Two people died at the Electric Daisy Carnival in Las Vegas. EDC is a house/techno music festival (known for it’s heavy drug use), and now the concert coordinators are worried about the future of the event because of the deaths. Click below to find out what happened.
Organizers of a huge electronic music party in Las Vegas don’t think the deaths of two revelers last week will threaten the event’s future there.
Erika Raney, spokeswoman for Electric Daisy Carnival producer Insomniac, said her company goes out of its way to provide ample security and medical personnel, and was not responsible for the deaths.
“We are deeply saddened by the two tragedies that occurred last week in Las Vegas outside Electric Daisy Carnival,” she told The Associated Press in a statement. “The two tragedies occurred beyond the festival’s walls as well as beyond Insomniac’s control and these incidents will not threaten the future of EDC in Las Vegas.”
A 31-year-old Florida man died Saturday at a Las Vegas hospital from injuries suffered when he was struck by a truck when leaving the rave Monday morning. Friends say the man, whose name hasn’t been released, had been drinking before the accident.

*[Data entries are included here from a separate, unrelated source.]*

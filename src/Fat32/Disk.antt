-- ===== src/Fat32/Disk.antt =====
-- What a disk that works does with its 2^28 sectors, the most that kernel/ata.c can name.
use lons_os.Base.{ℕ, ◌%◌, ◌^◌, ◌<◌, ◌==◌, ◌≡◌, true, if◌then◌else◌}
use lons_os.Machine.Bytes.{Buffer}
use lons_os.Fat32.{BlockDevice}

-- The sectors are 512 bytes that a read copies to the buffer and a write takes from it; each call
-- takes the sector number modulo 2^28, as `ata_setup_lba28` does, succeeds, and changes no other
-- sector. Fat32/Device.antt shows it of the driver.
pub record Works {D : Type 0} (dev : BlockDevice D) : Type 0 where
  pub sectors : D → ℕ → Buffer
  pub byte : (d : D) (l i : ℕ) → sectors d l i < 256
  pub reads : (lba : ℕ) (b : Buffer) (d : D) → (dev.read lba b d).0.0 ≡ true
  pub read_bytes :
      (lba : ℕ) (b : Buffer) (d : D) (i : ℕ)
      → i < 512
      → (dev.read lba b d).0.1 i ≡ sectors d (lba % 2 ^ 28) i
  pub read_keeps :
      (lba : ℕ) (b : Buffer) (d : D) (l i : ℕ)
      → i < 512
      → sectors (dev.read lba b d).1 l i ≡ sectors d l i
  pub writes : (lba : ℕ) (b : Buffer) (d : D) → (dev.write lba b d).0 ≡ true
  pub write_bytes :
      (lba : ℕ) (b : Buffer) (d : D) (l i : ℕ)
      → l < 2 ^ 28
      → i < 512
      → ((k : ℕ) → k < 512 → b k < 256)
      → sectors (dev.write lba b d).1 l i ≡ (if l == lba % 2 ^ 28 then b i else sectors d l i)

Authorities confirmed Friday that Emily McCaughan, a pre-med student at the University of Arizona, died early Monday after falling from her 27th floor Las Vegas hotel room to a third-floor roof.
Family members told the Las Vegas Review-Journal that the 22-year-old McCaughan suffered paranoid delusions after taking ecstasy at the three-day festival, which drew roughly 320,000 people before ending last Monday morning.

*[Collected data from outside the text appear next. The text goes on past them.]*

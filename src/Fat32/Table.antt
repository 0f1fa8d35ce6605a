-- ===== src/Fat32/Table.antt =====
-- The table of clusters as a function from clusters to entries.
use lons_os.Base.{
  ℕ, ◌+◌, ◌-◌, ◌*◌, ◌/◌, ◌%◌, ◌^◌, ◌<◌, ◌≤◌, ◌==◌, ◌≡◌, ◌≢◌, refl, sym, ap, ◌∙◌, arith,
  if◌then◌else◌, Bool-cases, inl, inr, ==→eq, eq_false,
}
use lons_os.Machine.{u32}
use lons_os.Machine.Bytes.{
  Buffer, le32, put32, le32_cong, put32_cong, le32-put32_self, le32-put32_apart, le32-lt,
}
use lons_os.Fat32.{
  BlockDevice, Geometry, Fat, entry_sector, entry_byte, read_sector, write_sector, fat_get, fat_set,
}
use lons_os.Fat32.Disk.{Works}

module _ {D : Type 0} (dev : BlockDevice D) (ok : Works dev) where
  -- A sector, its number taken modulo 2^28.
  abbrev pub sector_of : Fat D → ℕ → Buffer
  sector_of s lba = ok.sectors s.disk (lba % 2 ^ 28)

  -- The 32 bits of an entry, and the 28 that count.
  unfoldable pub raw : Fat D → ℕ → ℕ
  raw s c = le32 (sector_of s (entry_sector c s.geometry)) (entry_byte c)

  abbrev pub entry : Fat D → ℕ → ℕ
  entry s c = raw s c % 2 ^ 28

  -- The same geometry and the same bytes on the disk.
  pub record SameDisk (s t : Fat D) : Type 0 where
    pub geometry : t.geometry ≡ s.geometry
    pub bytes : (l i : ℕ) → i < 512 → sector_of t l i ≡ sector_of s l i

  entry_byte-lt : (c : ℕ) → entry_byte c + 3 < 512
  entry_byte-lt c = omega arith

  -- An entry depends on its own sector alone.
  pub raw_cong :
      (s t : Fat D) (c : ℕ)
      → t.geometry ≡ s.geometry
      → ((i : ℕ)
          → i < 512
          → sector_of t (entry_sector c s.geometry) i ≡ sector_of s (entry_sector c s.geometry) i)
      → raw t c ≡ raw s c
  unfolding raw
  raw_cong s t c kept same =
      ap (λ (g : Geometry). le32 (sector_of t (entry_sector c g)) (entry_byte c)) kept
      ∙ le32_cong _ _ (entry_byte c) 512 (entry_byte-lt c) same

  pub raw-SameDisk : (s t : Fat D) → SameDisk s t → (c : ℕ) → raw t c ≡ raw s c
  raw-SameDisk s t same c = raw_cong s t c same.geometry (same.bytes (entry_sector c s.geometry))

  pub fat_get-SameDisk : (c : ℕ) (s : Fat D) → SameDisk s (fat_get dev c s).1
  unfolding fat_get read_sector
  fat_get-SameDisk c s = record {
    geometry = refl;
    bytes = λ l i h. ok.read_keeps (entry_sector c s.geometry) s.sect_buf s.disk (l % 2 ^ 28) i h;
  }

  -- What `fat_get` answers.
  pub fat_get-entry : (c : ℕ) (s : Fat D) → (fat_get dev c s).0 ≡ entry s c
  unfolding fat_get read_sector raw
  fat_get-entry c s = rw (ok.reads (entry_sector c s.geometry) s.sect_buf s.disk) (
      ap (λ (x : ℕ). x % 2 ^ 28)
        (le32_cong _ _ (entry_byte c) 512 (entry_byte-lt c)
          (ok.read_bytes (entry_sector c s.geometry) s.sect_buf s.disk)))

  -- What `fat_set` writes: the four high bits are kept.
  abbrev pub set_value : Fat D → ℕ → ℕ → ℕ
  set_value s c v = raw s c - raw s c % 2 ^ 28 + v % 2 ^ 28

  pub fat_set-geometry : (c v : ℕ) (s : Fat D) → (fat_set dev c v s).geometry ≡ s.geometry
  unfolding fat_set read_sector write_sector
  fat_set-geometry c v s = rw (ok.reads (entry_sector c s.geometry) s.sect_buf s.disk) refl

  module _ (c v : ℕ) (s : Fat D) where
    at_sector : ℕ
    at_sector = entry_sector c s.geometry

    -- The buffer after the read, and what is written back.
    buf : Buffer
    buf = (dev.read at_sector s.sect_buf s.disk).0.1

    after_read : D
    after_read = (dev.read at_sector s.sect_buf s.disk).1

    field : ℕ
    field = le32 buf (entry_byte c)

    changed : Buffer
    changed = put32 (entry_byte c) (field - field % 2 ^ 28 + v % 2 ^ 28) buf

    fat_set-disk : (fat_set dev c v s).disk ≡ (dev.write at_sector changed after_read).1
    unfolding fat_set read_sector write_sector at_sector buf after_read field changed
    fat_set-disk = rw (ok.reads (entry_sector c s.geometry) s.sect_buf s.disk) refl

    buf_lem : (i : ℕ) → i < 512 → buf i ≡ sector_of s at_sector i
    unfolding buf
    buf_lem i h = ok.read_bytes at_sector s.sect_buf s.disk i h

    field_lem : field ≡ raw s c
    unfolding field raw at_sector
    field_lem = le32_cong _ _ (entry_byte c) 512 (entry_byte-lt c) buf_lem

    changed-lt : (k : ℕ) → k < 512 → changed k < 256
    unfolding changed put32
    changed-lt k h = ground (arith, buf_lem k, ok.byte s.disk (at_sector % 2 ^ 28) k)

    changed_lem :
        (i : ℕ)
        → i < 512
        → changed i ≡ put32 (entry_byte c) (set_value s c v) (sector_of s at_sector) i
    unfolding changed
    changed_lem i h =
        ap (λ (f : ℕ). put32 (entry_byte c) (f - f % 2 ^ 28 + v % 2 ^ 28) buf i) field_lem
        ∙ put32_cong buf (sector_of s at_sector) (entry_byte c) _ i (buf_lem i h)

    pub fat_set_bytes :
        (l i : ℕ)
        → i < 512
        → sector_of (fat_set dev c v s) l i ≡ (
            if l % 2 ^ 28 == entry_sector c s.geometry % 2 ^ 28
            then put32 (entry_byte c) (set_value s c v) (sector_of s l) i
            else sector_of s l i)
    unfolding at_sector after_read
    fat_set_bytes l i h =
        ap (λ (d : D). ok.sectors d (l % 2 ^ 28) i) fat_set-disk
        ∙ ok.write_bytes at_sector changed after_read (l % 2 ^ 28) i (omega arith) h changed-lt
        ∙ elim (Bool-cases (l % 2 ^ 28 == at_sector % 2 ^ 28)) [
          | inl e ↦ rw e (
              changed_lem i h
              ∙ ap (λ (k : ℕ). put32 (entry_byte c) (set_value s c v) (ok.sectors s.disk k) i)
                  (sym (==→eq _ _ e)))
          | inr e ↦ rw e (ok.read_keeps at_sector s.sect_buf s.disk (l % 2 ^ 28) i h)
        ]

  -- The clusters whose entries lie below sector 2^28.
  abbrev pub Addressed : Geometry → ℕ → Type 0
  Addressed g c = (c < 2 ^ 30) × (g.fat_lba + c / 128 < 2 ^ 28)

  -- The field of cluster `k` in the buffer that is written for cluster `c` in the same sector.
  raw-put32 :
      (c k v lba : ℕ) (b : Buffer)
      → c < 2 ^ 30
      → k < 2 ^ 30
      → lba + c / 128 < 2 ^ 28
      → lba + k / 128 < 2 ^ 28
      → u32 (lba + u32 (k * 4) / 512) % 2 ^ 28 ≡ u32 (lba + u32 (c * 4) / 512) % 2 ^ 28
      → v < 2 ^ 32
      → le32 (put32 (entry_byte c) v b) (entry_byte k)
        ≡ (if k == c then v else le32 b (entry_byte k))
  raw-put32 c k v lba b hc hk fc fk e lt = elim (Bool-cases (k == c)) [
    | inl same ↦
        let z : k ≡ c = ==→eq _ _ same in rw same (rw z (le32-put32_self (entry_byte c) v b lt))
    | inr other ↦
        let ne : k ≢ c = λ z. absurd (ground (arith, z)) in
        rw other (
          le32-put32_apart (entry_byte c) (entry_byte k) v b (omega arith)
            (λ z. ne (omega (arith, e, z, hc, hk, fc, fk))))
  ]

  raw-lt : (s : Fat D) (c : ℕ) → raw s c < 2 ^ 32
  unfolding raw
  raw-lt s c = le32-lt _ (entry_byte c) (ok.byte s.disk (entry_sector c s.geometry % 2 ^ 28))

  -- Setting an entry changes the 28 low bits of that entry, and no other entry.
  pub raw-fat_set :
      (c v : ℕ) (s : Fat D) (k : ℕ)
      → Addressed s.geometry c
      → Addressed s.geometry k
      → raw (fat_set dev c v s) k ≡ (if k == c then set_value s c v else raw s k)
  unfolding raw
  raw-fat_set c v s k hc hk =
      ap (λ (g : Geometry). le32 (sector_of (fat_set dev c v s) (entry_sector k g)) (entry_byte k))
        (fat_set-geometry c v s)
      ∙ elim (Bool-cases
          (entry_sector k s.geometry % 2 ^ 28 == entry_sector c s.geometry % 2 ^ 28)) [
            | inl e ↦
                le32_cong _
                  (put32 (entry_byte c) (set_value s c v) (sector_of s (entry_sector k s.geometry)))
                  (entry_byte k) 512 (entry_byte-lt k)
                  (λ i h. fat_set_bytes c v s (entry_sector k s.geometry) i h ∙ rw e refl)
                ∙ raw-put32 c k (set_value s c v) s.geometry.fat_lba _ hc.0 hk.0 hc.1 hk.1
                    (==→eq _ _ e) (omega (arith, raw-lt s c))
            | inr e ↦
                le32_cong _ (sector_of s (entry_sector k s.geometry)) (entry_byte k) 512
                  (entry_byte-lt k)
                  (λ i h. fat_set_bytes c v s (entry_sector k s.geometry) i h ∙ rw e refl)
                ∙ rw (eq_false k c (λ z. absurd (ground (arith, z)))) refl
          ]

  -- The table lies below sector 2^28, as far as a 28-bit cluster reaches.
  abbrev pub IsLow : Geometry → Type 0
  IsLow g = g.fat_lba + 2 ^ 21 ≤ 2 ^ 28

  pub entry-fat_set :
      (c v : ℕ) (s : Fat D) (k : ℕ)
      → IsLow s.geometry
      → c < 2 ^ 28
      → k < 2 ^ 28
      → entry (fat_set dev c v s) k ≡ (if k == c then v % 2 ^ 28 else entry s k)
  entry-fat_set c v s k low hc hk =
      ap (λ (x : ℕ). x % 2 ^ 28) (raw-fat_set c v s k (omega arith) (omega arith)) ∙ ground arith

  -- On a disk that works and a table below sector 2^28: an entry that is set is read back in its low
  -- 28 bits, and every other entry is read as before.
  pub fat_get-fat_set :
      (c v : ℕ) (s : Fat D) (k : ℕ)
      → IsLow s.geometry
      → c < 2 ^ 28
      → k < 2 ^ 28
      → (fat_get dev k (fat_set dev c v s)).0 ≡ (if k == c then v % 2 ^ 28 else (fat_get dev k s).0)
  fat_get-fat_set c v s k low hc hk =
      fat_get-entry k (fat_set dev c v s)
      ∙ entry-fat_set c v s k low hc hk
      ∙ ap (λ (x : ℕ). if k == c then v % 2 ^ 28 else x) (sym (fat_get-entry k s))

“Damn it, they (drugs) are just killers every single time,” family spokeswoman Mignonne Walstad told the newspaper. “Emily wasn’t a drug addict, it was just a tragic accident.”
McCaughan’s father, Richard, said he can’t believe his daughter would have used drugs and he suspects foul play.
The Clark County coroner’s office has not announced a cause of death, and police are investigating he circumstances of her fall.
Raney said all Insomniac festivals have a zero-tolerance policy against drugs and a strictly enforced policy barring those under the age of 18 from entering.
“It is a known fact that individuals who choose to partake in illicit drug behavior may suffer unexpected tragic consequences,” she said. “We hope that our fans carefully consider the decisions they make and how those decisions impact their own safety and the well-being of those around them.”
The Florida man struck by the truck was within the care of two trauma doctors within minutes of the accident, she said, a response time otherwise unheard of had he not been in close proximity of the festival and its medical staff.
“Electric Daisy Festival, in many respects, is one of the safest places to be in Las Vegas during the event weekend’s operating hours,” Raney said. “With law enforcement, private security teams, and fully staffed medical facilities housing doctors, nurses and emergency medical personnel, the venue functions like a small city.”
The deaths are the latest in a string of fatalities linked to the festival.
The rave was shunned in Los Angeles in 2010 following a 15-year-old girl’s fatal drug overdose. That party also resulted in more than 226 people receiving emergency medical treatment and 114 arrests for misconduct, drug possession and other charges.
Last year, a Texas teenager died during an Electric Daisy Carnival in Dallas plagued by drug arrests.
Despite the festival’s troubled past, Las Vegas has warmly welcomed the Electric Daisy Carnival since it moved there last year.
Arrest and medical call totals for the latest festival in Las Vegas haven’t been released.
The Electric Daisy Carnival is the largest electronic music party in the United States, complete with a towering Ferris Wheel, amusement park rides, celebrity disc jockeys and electronic music heavyweights.